BIOGRAPHIE

C’est une enfant de dix-sept ans, chétive, légèrement bossue, d’une grâce maladive. Fille d’un colosse sain et d’une mère bien bâtie, sa difformité, ses allures de bohémienne millionnaire, sa laideur effrontée et charmante s’expliquent par la nymphomanie maternelle. Avec sa poitrine plate, sa petite tête laide et futée de gamin, elle ressemble à un garçon déguisé en fille, elle a des plaisanteries de pensionnaire émancipée, un sourire vague de sphinx vicieux, des instincts mauvais. C’est d’un air tranquillement amical qu’elle a surpris l’inceste de Maxime Saccard et de Renée. Déjà très malade à la veille de son mariage avec Maxime, elle meurt pendant le voyage de noces et est enterrée dans une petite ville de Lombardie.

(La Curée)

PORTRAIT

Contrefaite, laide et adorable, elle était condamnée à mourir jeune ; une maladie de poitrine la minait sourdement, lui donnait une gaieté nerveuse, une grâce caressante. Les petites filles malades vieillissent vite, deviennent femmes avant l’âge.

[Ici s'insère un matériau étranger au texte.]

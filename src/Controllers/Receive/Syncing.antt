-- ===== src/Controllers/Receive/Syncing.antt =====
-- The sync of thanosreceive_controller.go, its cleanup, and the handler of EndpointSlice events.
use Prim.Native.String.{◌++◌ as concat}
use thanos_operator.Common.{
  ℕ, ℤ, pos, negsuc, to_nat, String, List, [], ◌∷◌, Option, none, some, Bool, true, not, ◌==◌,
  if◌then◌else◌, ltb,
}
use thanos_operator.FeatureGate.{service_monitor_enabled, kube_resource_sync_enabled}
use thanos_operator.Handlers.{
  Kind, service_monitor, pod_disruption_budget, Object, Run, prune, prune_by_owner,
  delete_resources, new_resource_pruner, with_service_account, with_service, with_stateful_set,
  with_pod_disruption_budget, with_service_monitor,
}
use thanos_operator.Handlers.Applying.{Named, Applying, create_or_update}
use thanos_operator.Controllers.{
  Operator, Buildable, Synced, synced, sync_failed, sync_panics, not_built, not_applied,
  not_cleaned, unless_errors, also, names_of, apply_each, no_errors, owner_options,
  prune_disruption_budgets,
}
use thanos_operator.Controllers.Enqueue.{Enqueued, requests}
use thanos_operator.Controllers.Reconciling.{Resource, Cluster, Reconciled, reconcile_receiver}
use thanos_operator.Controllers.Selectors.{
  ingester_selector_labels, router_selector_labels, ingester_resource_name, router_resource_name,
}
use thanos_operator.Controllers.Receive.{
  HashringSpec, ReceiveSpec, Outcome, done, not_done, outcome_panics, HashringEnvironment,
  build_hashring_config,
}

pub record IngesterOptions (Common : Type 0) : Type 0 where
  pub common : Common
  pub owner : String
  pub hashring_name : String

pub record RouterOptions (Common : Type 0) : Type 0 where
  pub common : Common
  pub owner : String
  pub hashring_config : String

-- The options of the two components, and their objects.
pub record ReceiveBuilder (Value : Type 0) : Type 1 where
  pub Common : Type 0
  pub ingester_to_opts : Resource ReceiveSpec → HashringSpec → Common
  pub router_to_opts : Resource ReceiveSpec → Common
  pub build_ingester : IngesterOptions Common → List (Named Value)
  pub build_router : RouterOptions Common → List (Named Value)

module _ {Value : Type 0} (operator : Operator Value) (builder : ReceiveBuilder Value)
    (env : HashringEnvironment operator.client.State) where
  abbrev pub State : Type 0
  State = operator.client.State

  unfoldable pub ingester : Resource ReceiveSpec → HashringSpec → Buildable Value
  ingester receiver hashring = record {
    generated_resource_name =
        ingester_resource_name operator.naming receiver.object.name hashring.name;
    build = builder.build_ingester (record {
      common = builder.ingester_to_opts receiver hashring;
      owner = receiver.object.name;
      hashring_name = hashring.name;
    });
  }

  unfoldable pub spec_to_ingest_options :
      Resource ReceiveSpec → List HashringSpec → List (Buildable Value)
  unfolding ingester
  spec_to_ingest_options receiver [] = []
  spec_to_ingest_options receiver (hashring ∷ hashrings) =
      ingester receiver hashring ∷ spec_to_ingest_options receiver hashrings

  unfoldable pub spec_to_router_options : Resource ReceiveSpec → String → Buildable Value
  spec_to_router_options receiver hashring_config = record {
    generated_resource_name = router_resource_name operator.naming receiver.object.name;
    build = builder.build_router (record {
      common = builder.router_to_opts receiver;
      owner = receiver.object.name;
      hashring_config = hashring_config;
    });
  }

  unfoldable pub prune_orphaned_resources :
      String → String → List String → State → Run operator.client
  unfolding ingester_selector_labels
  prune_orphaned_resources ns owner expect_shards s =
      prune operator.client
        (with_service_monitor (
          with_pod_disruption_budget
            (with_stateful_set (with_service (with_service_account new_resource_pruner)))))
        expect_shards
        (owner_options operator ns (ingester_selector_labels operator.naming owner "")) s

  abbrev pub nothing : State → Run operator.client
  nothing s = record { state = s; err_count = 0 }

  abbrev pub plain_object : Kind → String → String → Object
  plain_object kind name namespace = record {
    kind = kind;
    namespace = namespace;
    name = name;
    uid = "";
    labels = [];
  }

  -- The service monitors of a receiver, or that of the sidecar of its router.
  unfoldable pub prune_gated : Resource ReceiveSpec → String → State → Run operator.client
  prune_gated receiver router_name s =
      let owned =
        prune_by_owner operator.client (with_service_monitor new_resource_pruner) receiver.object
          s in
      let sidecar =
        delete_resources operator.client
          (plain_object service_monitor (concat router_name "-kube-resource-sync")
              receiver.object.namespace
            ∷ [])
          (nothing s) in
      if not (service_monitor_enabled operator.features)
      then owned
      else if not (kube_resource_sync_enabled operator.features)
      then sidecar
      else nothing s

  -- `replicas < 2`, for an int32.
  abbrev pub is_single : ℤ → Bool
  is_single (pos n) = ltb n 2
  is_single (negsuc n) = true

  unfoldable pub delete_ingester_budgets :
      Resource ReceiveSpec → List HashringSpec → Run operator.client → Run operator.client
  delete_ingester_budgets receiver [] run = run
  delete_ingester_budgets receiver (hashring ∷ hashrings) run =
      delete_ingester_budgets receiver hashrings (
        also operator.client run λ s.
          delete_resources operator.client
            (if is_single hashring.replicas
              then plain_object pod_disruption_budget
                  (ingester_resource_name operator.naming receiver.object.name hashring.name)
                  receiver.object.namespace
                ∷ []
              else [])
            (nothing s))

  unfoldable pub cleanup : Resource ReceiveSpec → List String → String → State → Run operator.client
  unfolding prune_orphaned_resources also prune_gated prune_disruption_budgets
      delete_ingester_budgets
  cleanup receiver expected_ingesters router_name s =
      delete_ingester_budgets receiver receiver.spec.hashrings (
        also operator.client
          (also operator.client
            (prune_orphaned_resources receiver.object.namespace receiver.object.name
              expected_ingesters s)
            (prune_gated receiver router_name))
          (prune_disruption_budgets operator (to_nat receiver.spec.router_replicas) (
            owner_options operator receiver.object.namespace
              (router_selector_labels operator.naming receiver.object.name))))

  -- After the router is applied, the errors of the ingesters end the sync.
  unfoldable pub after_router :
      Resource ReceiveSpec → List (Buildable Value) → Buildable Value → ℕ → State → Synced State
  unfolding cleanup
  after_router receiver ingesters router errors s = unless_errors errors not_applied s λ s'.
      let cleaned : Run operator.client =
        cleanup receiver (names_of ingesters) router.generated_resource_name s' in
      unless_errors cleaned.err_count not_cleaned cleaned.state synced

  unfoldable pub apply_router :
      Resource ReceiveSpec → List (Buildable Value) → ℕ → Outcome String → State → Synced State
  unfolding after_router spec_to_router_options
  apply_router receiver ingesters errors (not_done e) s = sync_failed s (not_built e)
  apply_router receiver ingesters errors outcome_panics s = sync_panics s
  apply_router receiver ingesters errors (done hashring_config) s =
      let router : Buildable Value = spec_to_router_options receiver hashring_config in
      let created : Applying operator.applier =
        create_or_update operator.applier receiver.object.namespace receiver.object router.build
          (no_errors operator.applier s) in
      unless_errors created.err_count not_applied created.state
        (after_router receiver ingesters router errors)

  unfoldable pub sync_resources : Resource ReceiveSpec → State → Synced State
  unfolding apply_router spec_to_ingest_options build_hashring_config
  sync_resources receiver s =
      let ingesters : List (Buildable Value) =
        spec_to_ingest_options receiver receiver.spec.hashrings in
      let created : Applying operator.applier =
        apply_each operator.applier receiver.object.namespace receiver.object ingesters
          (no_errors operator.applier s) in
      apply_router receiver ingesters created.err_count
        (build_hashring_config env operator.naming receiver created.state) created.state

  unfoldable pub reconcile_receive : Cluster State ReceiveSpec → Bool → State → Reconciled State
  unfolding sync_resources
  reconcile_receive cluster disable s = reconcile_receiver cluster disable sync_resources s

-- The kinds and names of the owners of an object.
abbrev pub Owners : Type 0
Owners = List (String × String)

-- The only owner, if it has the kind.
unfoldable pub only_owner : String → Owners → Option String
only_owner kind ((k, name) ∷ []) = if k == kind then some name else none
only_owner kind owners = none

unfoldable pub receiver_of : String → Option Owners → Enqueued
unfolding only_owner
receiver_of namespace none = requests []
receiver_of namespace (some owners) = elim (only_owner "ThanosReceive" owners) [
  | none ↦ requests []
  | some name ↦ requests ((namespace, name) ∷ [])
]

-- `enqueueForEndpointSlice`, over the call that gets a Service, as its owners.
unfoldable pub enqueue_for_endpoint_slice :
    (String → String → Option Owners) → String → Owners → Enqueued
unfolding only_owner receiver_of
enqueue_for_endpoint_slice get_service namespace owners = elim (only_owner "Service" owners) [
  | none ↦ requests []
  | some service ↦ receiver_of namespace (get_service namespace service)
]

Elle avait une naïveté sensuelle, elle semblait être née à quinze ans, en pleine puberté. Quand son père, ce colosse sain et abêti, la regardait, il ne pouvait croire qu’elle fût sa fille. Sa mère, de son vivant, était également une femme grande et forte ; mais il courait sur sa mémoire des histoires qui expliquaient le rabougrissement de cette enfant, ses allures de bohémienne millionnaire, sa laideur vicieuse et charmante. On disait qu’Hélène de Mareuil était morte dans les débordements les plus honteux. Les plaisirs l’avaient rongée comme un ulcère, sans que son mari s’aperçût de la folie lucide de sa femme qu’il aurait dû faire enfermer dans une maison de santé. Portée dans ces flancs malades, Louise en était sortie le sang pauvre, les membres déviés, le cerveau attaqué, la mémoire déjà pleine d’une vie sale. Parfois, elle croyait se souvenir confusément d’une autre existence ; elle voyait se dérouler, dans une ombre vague, des scènes bizarres, des hommes et des femmes s’embrassant, tout un drame charnel où s’amusaient ses curiosités d’enfant. C’était sa mère qui parlait en elle. Sa puérilité continuait ce vice. À mesure qu’elle grandissait, rien ne l’étonnait, elle se rappelait tout, ou plutôt elle savait tout, et elle allait aux choses défendues, avec une sûreté de main qui la faisait ressembler, dans la vie, à une personne rentrant chez elle après une longue absence, et n’ayant qu’à allonger le bras pour se mettre à l’aise et jouir de sa demeure.